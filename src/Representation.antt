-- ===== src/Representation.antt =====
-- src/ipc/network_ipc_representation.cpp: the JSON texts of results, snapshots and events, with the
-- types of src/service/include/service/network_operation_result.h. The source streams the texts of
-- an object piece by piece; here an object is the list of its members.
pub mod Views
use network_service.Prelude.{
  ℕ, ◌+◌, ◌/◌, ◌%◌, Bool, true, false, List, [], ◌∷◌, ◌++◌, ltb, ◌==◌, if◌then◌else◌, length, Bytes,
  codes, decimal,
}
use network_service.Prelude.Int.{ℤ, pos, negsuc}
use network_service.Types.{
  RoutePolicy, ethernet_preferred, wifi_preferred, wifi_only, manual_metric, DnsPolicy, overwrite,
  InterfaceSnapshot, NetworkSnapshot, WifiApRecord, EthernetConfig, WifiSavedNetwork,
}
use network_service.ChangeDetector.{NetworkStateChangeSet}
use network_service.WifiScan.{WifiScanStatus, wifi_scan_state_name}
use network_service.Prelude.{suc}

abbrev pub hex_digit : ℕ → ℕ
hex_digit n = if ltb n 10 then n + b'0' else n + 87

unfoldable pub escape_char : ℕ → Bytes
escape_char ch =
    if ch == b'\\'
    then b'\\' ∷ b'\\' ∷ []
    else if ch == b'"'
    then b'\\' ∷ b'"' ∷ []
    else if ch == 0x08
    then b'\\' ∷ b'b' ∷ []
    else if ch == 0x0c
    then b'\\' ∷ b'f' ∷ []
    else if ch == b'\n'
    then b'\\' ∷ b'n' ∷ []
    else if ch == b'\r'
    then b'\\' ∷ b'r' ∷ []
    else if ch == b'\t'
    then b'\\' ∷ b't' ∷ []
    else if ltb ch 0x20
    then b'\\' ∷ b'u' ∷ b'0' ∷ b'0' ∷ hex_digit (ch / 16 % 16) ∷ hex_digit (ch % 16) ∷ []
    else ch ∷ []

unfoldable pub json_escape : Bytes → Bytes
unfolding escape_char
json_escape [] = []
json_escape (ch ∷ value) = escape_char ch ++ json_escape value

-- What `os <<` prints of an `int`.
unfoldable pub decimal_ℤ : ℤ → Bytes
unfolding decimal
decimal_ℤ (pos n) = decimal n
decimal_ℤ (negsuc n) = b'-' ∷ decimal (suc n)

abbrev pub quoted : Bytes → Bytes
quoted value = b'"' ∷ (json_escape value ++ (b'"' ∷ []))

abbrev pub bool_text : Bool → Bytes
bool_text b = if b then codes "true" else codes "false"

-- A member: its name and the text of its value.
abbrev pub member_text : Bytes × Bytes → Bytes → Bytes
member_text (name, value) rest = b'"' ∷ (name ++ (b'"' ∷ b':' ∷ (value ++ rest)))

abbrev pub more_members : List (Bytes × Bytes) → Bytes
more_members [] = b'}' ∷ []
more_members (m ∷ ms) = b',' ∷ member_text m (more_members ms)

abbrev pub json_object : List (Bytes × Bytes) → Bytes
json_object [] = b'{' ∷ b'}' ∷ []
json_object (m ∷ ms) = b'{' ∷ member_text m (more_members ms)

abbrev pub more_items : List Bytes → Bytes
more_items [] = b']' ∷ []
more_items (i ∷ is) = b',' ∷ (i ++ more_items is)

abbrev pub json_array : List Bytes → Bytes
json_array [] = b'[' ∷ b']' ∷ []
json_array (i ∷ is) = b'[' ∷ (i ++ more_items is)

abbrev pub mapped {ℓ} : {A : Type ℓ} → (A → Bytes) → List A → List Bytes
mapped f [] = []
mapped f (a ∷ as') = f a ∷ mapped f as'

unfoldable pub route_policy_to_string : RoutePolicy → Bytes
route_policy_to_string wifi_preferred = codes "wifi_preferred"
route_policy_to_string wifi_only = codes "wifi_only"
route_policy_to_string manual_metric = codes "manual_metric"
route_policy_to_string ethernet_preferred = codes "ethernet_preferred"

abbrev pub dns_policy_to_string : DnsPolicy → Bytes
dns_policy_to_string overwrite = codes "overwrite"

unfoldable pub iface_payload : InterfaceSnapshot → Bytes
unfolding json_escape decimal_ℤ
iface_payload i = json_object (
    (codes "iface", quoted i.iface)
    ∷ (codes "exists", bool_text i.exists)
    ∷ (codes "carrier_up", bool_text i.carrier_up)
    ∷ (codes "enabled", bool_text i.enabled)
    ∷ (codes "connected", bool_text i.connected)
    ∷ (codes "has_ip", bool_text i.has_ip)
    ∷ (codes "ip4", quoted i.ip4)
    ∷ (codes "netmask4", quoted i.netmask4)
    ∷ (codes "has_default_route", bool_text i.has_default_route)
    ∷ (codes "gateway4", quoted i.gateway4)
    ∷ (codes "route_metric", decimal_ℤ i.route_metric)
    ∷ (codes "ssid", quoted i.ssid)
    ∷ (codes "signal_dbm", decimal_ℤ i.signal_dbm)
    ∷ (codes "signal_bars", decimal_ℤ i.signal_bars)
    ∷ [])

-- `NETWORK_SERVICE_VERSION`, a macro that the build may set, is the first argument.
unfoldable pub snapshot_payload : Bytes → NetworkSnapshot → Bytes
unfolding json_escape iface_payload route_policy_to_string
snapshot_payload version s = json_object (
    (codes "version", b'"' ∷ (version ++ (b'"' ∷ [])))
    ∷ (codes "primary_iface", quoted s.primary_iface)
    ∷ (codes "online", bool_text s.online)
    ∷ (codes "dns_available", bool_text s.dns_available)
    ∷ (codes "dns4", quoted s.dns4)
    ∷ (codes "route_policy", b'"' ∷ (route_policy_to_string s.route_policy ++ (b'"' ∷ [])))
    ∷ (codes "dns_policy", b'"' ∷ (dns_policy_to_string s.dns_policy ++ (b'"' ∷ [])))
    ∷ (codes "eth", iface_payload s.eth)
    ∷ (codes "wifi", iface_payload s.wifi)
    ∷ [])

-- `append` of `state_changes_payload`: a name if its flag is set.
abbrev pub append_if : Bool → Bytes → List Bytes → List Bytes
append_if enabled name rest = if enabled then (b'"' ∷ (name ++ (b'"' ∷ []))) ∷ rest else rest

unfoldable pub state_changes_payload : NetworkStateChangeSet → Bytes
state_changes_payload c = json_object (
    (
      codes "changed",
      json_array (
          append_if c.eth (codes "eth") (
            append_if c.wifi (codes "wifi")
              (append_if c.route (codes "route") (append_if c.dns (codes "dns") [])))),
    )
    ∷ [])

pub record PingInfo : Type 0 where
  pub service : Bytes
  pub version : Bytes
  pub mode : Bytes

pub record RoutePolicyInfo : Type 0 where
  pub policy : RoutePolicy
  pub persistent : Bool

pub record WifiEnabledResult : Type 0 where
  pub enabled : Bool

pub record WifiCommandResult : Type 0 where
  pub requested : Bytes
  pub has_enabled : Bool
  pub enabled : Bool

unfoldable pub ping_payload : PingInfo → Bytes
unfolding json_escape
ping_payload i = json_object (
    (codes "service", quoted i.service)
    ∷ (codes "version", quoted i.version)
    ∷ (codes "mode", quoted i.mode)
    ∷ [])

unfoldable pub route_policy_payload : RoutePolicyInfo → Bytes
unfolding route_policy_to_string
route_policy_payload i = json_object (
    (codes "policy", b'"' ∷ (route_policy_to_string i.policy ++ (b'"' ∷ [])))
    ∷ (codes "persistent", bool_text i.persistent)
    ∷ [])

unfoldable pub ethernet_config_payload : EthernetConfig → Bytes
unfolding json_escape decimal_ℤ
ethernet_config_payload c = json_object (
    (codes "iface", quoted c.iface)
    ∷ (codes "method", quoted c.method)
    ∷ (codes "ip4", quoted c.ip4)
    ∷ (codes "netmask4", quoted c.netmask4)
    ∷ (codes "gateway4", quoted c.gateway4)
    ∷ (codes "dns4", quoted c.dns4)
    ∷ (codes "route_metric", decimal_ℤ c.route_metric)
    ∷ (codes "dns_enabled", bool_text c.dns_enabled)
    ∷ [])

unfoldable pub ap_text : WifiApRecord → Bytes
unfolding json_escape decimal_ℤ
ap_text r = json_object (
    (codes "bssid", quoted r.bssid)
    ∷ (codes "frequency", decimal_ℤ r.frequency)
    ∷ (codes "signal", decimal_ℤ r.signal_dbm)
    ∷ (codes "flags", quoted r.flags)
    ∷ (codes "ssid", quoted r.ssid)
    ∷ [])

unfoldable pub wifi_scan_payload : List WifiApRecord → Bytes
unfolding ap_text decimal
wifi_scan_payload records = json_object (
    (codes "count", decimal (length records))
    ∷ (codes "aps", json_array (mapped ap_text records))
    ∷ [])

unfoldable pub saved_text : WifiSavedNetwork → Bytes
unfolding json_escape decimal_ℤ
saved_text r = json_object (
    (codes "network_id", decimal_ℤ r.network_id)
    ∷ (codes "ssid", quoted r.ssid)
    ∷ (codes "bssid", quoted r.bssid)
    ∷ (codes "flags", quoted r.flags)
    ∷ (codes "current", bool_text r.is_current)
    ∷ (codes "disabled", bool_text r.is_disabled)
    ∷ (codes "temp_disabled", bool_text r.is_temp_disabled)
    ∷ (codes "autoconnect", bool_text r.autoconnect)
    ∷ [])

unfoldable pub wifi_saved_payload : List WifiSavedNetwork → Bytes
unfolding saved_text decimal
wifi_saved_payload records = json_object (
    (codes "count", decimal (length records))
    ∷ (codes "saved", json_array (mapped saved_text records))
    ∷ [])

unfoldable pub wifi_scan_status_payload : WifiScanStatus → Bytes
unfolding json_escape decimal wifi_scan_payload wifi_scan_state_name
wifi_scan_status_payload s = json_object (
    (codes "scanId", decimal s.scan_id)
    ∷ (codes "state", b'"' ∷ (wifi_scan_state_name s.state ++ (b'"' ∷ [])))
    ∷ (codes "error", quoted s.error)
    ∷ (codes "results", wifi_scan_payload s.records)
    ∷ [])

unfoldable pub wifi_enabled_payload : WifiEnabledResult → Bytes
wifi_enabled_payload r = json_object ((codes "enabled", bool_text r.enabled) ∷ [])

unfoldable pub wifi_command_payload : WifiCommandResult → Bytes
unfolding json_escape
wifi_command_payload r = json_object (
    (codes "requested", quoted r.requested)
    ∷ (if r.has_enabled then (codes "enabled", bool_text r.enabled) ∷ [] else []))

────────

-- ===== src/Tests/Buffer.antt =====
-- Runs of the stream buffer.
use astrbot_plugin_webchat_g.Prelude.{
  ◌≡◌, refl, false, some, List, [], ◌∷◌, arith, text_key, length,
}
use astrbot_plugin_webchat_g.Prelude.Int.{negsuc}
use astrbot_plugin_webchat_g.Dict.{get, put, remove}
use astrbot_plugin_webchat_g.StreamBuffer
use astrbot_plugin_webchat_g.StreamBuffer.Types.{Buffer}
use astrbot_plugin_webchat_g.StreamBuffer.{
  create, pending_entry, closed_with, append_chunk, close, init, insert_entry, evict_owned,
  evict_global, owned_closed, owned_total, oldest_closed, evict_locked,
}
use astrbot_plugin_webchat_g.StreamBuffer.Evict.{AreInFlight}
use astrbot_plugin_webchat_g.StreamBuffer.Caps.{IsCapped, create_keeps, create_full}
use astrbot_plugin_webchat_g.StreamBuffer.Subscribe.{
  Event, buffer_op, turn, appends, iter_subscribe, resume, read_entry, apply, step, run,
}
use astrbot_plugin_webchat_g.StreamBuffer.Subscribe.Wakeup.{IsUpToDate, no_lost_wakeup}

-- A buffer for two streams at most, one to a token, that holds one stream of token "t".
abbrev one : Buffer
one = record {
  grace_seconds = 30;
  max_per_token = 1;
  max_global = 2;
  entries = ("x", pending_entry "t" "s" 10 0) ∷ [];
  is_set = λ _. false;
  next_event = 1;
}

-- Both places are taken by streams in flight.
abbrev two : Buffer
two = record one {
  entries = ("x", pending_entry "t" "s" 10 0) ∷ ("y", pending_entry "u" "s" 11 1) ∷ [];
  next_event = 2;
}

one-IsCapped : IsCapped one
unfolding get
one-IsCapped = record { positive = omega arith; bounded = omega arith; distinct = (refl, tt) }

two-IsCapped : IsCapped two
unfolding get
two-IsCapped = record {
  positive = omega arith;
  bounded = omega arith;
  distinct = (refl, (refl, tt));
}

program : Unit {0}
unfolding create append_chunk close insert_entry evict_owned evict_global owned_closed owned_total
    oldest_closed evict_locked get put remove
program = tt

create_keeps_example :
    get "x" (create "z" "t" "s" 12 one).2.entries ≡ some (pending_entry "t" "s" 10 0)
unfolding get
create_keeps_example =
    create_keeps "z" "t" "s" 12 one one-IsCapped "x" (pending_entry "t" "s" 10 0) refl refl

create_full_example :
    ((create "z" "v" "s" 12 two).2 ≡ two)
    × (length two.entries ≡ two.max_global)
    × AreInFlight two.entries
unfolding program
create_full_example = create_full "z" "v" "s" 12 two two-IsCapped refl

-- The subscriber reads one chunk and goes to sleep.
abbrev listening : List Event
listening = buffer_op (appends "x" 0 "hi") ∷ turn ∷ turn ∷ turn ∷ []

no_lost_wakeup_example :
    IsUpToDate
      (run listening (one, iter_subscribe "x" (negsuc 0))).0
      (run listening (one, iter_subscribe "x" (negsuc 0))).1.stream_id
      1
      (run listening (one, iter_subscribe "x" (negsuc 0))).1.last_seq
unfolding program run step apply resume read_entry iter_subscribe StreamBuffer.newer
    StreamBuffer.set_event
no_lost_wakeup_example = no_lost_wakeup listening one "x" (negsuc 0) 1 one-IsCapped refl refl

────────

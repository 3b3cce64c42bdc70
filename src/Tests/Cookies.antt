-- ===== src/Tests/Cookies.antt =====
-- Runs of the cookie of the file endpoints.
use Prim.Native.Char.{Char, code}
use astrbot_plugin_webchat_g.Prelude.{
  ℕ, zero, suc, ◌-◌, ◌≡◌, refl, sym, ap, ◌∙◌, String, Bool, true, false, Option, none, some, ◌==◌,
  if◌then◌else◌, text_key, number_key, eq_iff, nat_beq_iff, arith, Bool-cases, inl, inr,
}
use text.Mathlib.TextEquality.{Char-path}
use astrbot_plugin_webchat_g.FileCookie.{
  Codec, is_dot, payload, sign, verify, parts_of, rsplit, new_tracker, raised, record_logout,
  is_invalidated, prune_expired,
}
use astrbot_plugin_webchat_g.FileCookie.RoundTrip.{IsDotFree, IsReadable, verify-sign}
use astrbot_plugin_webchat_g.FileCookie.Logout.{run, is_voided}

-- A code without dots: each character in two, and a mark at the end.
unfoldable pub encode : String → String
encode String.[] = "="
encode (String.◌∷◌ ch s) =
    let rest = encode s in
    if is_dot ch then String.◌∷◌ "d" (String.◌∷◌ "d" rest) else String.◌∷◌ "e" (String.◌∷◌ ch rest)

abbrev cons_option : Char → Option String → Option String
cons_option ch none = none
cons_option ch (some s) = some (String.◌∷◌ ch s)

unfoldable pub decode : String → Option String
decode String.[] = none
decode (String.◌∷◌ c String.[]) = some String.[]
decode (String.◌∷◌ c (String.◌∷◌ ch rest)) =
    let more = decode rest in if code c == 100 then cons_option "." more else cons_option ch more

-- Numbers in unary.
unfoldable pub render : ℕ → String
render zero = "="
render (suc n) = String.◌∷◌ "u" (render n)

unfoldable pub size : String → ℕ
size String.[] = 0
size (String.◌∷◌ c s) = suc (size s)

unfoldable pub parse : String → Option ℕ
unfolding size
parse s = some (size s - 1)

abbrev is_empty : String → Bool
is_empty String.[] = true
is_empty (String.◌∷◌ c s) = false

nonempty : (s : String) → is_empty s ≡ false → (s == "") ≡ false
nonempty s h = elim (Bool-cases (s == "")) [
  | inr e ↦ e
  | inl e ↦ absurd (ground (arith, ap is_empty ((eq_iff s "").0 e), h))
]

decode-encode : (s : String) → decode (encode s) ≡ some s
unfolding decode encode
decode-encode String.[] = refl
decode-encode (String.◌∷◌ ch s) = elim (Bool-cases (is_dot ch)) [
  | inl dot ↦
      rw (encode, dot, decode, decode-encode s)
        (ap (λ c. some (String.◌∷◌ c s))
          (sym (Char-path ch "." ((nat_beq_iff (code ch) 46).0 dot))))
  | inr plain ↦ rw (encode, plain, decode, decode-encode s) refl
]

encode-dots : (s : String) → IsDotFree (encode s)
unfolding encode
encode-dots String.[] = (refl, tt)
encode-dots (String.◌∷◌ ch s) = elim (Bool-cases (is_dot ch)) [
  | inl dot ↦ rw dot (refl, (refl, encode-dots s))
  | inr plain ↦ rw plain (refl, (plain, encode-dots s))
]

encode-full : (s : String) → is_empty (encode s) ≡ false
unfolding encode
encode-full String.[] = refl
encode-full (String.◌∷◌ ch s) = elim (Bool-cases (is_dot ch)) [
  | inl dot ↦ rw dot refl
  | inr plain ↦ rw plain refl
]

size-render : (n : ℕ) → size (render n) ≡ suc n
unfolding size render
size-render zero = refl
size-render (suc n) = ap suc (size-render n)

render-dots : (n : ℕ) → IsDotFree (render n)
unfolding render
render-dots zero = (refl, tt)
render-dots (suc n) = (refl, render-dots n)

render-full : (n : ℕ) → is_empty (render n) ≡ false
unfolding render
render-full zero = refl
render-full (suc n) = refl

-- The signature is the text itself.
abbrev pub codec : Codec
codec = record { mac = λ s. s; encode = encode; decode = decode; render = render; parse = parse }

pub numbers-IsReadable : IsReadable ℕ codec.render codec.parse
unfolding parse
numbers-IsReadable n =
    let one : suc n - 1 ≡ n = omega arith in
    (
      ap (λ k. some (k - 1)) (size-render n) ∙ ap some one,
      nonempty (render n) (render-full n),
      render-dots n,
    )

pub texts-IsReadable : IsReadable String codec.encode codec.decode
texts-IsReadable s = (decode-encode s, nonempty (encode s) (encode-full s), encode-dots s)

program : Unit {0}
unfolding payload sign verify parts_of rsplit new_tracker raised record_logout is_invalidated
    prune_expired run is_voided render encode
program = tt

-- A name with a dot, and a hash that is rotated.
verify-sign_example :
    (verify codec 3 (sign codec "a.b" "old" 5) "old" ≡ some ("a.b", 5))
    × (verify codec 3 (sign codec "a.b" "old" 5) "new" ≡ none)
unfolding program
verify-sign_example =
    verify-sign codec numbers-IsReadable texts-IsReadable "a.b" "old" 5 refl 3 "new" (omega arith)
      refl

────────

*WHAT NEEDS TO BE DONE:*
Take every line from the records that holds "step" and copy it down.

*COMPLETED EXERCISE:*
  Event, buffer_op, turn, appends, iter_subscribe, resume, read_entry, apply, step, run,
unfolding program run step apply resume read_entry iter_subscribe StreamBuffer.newer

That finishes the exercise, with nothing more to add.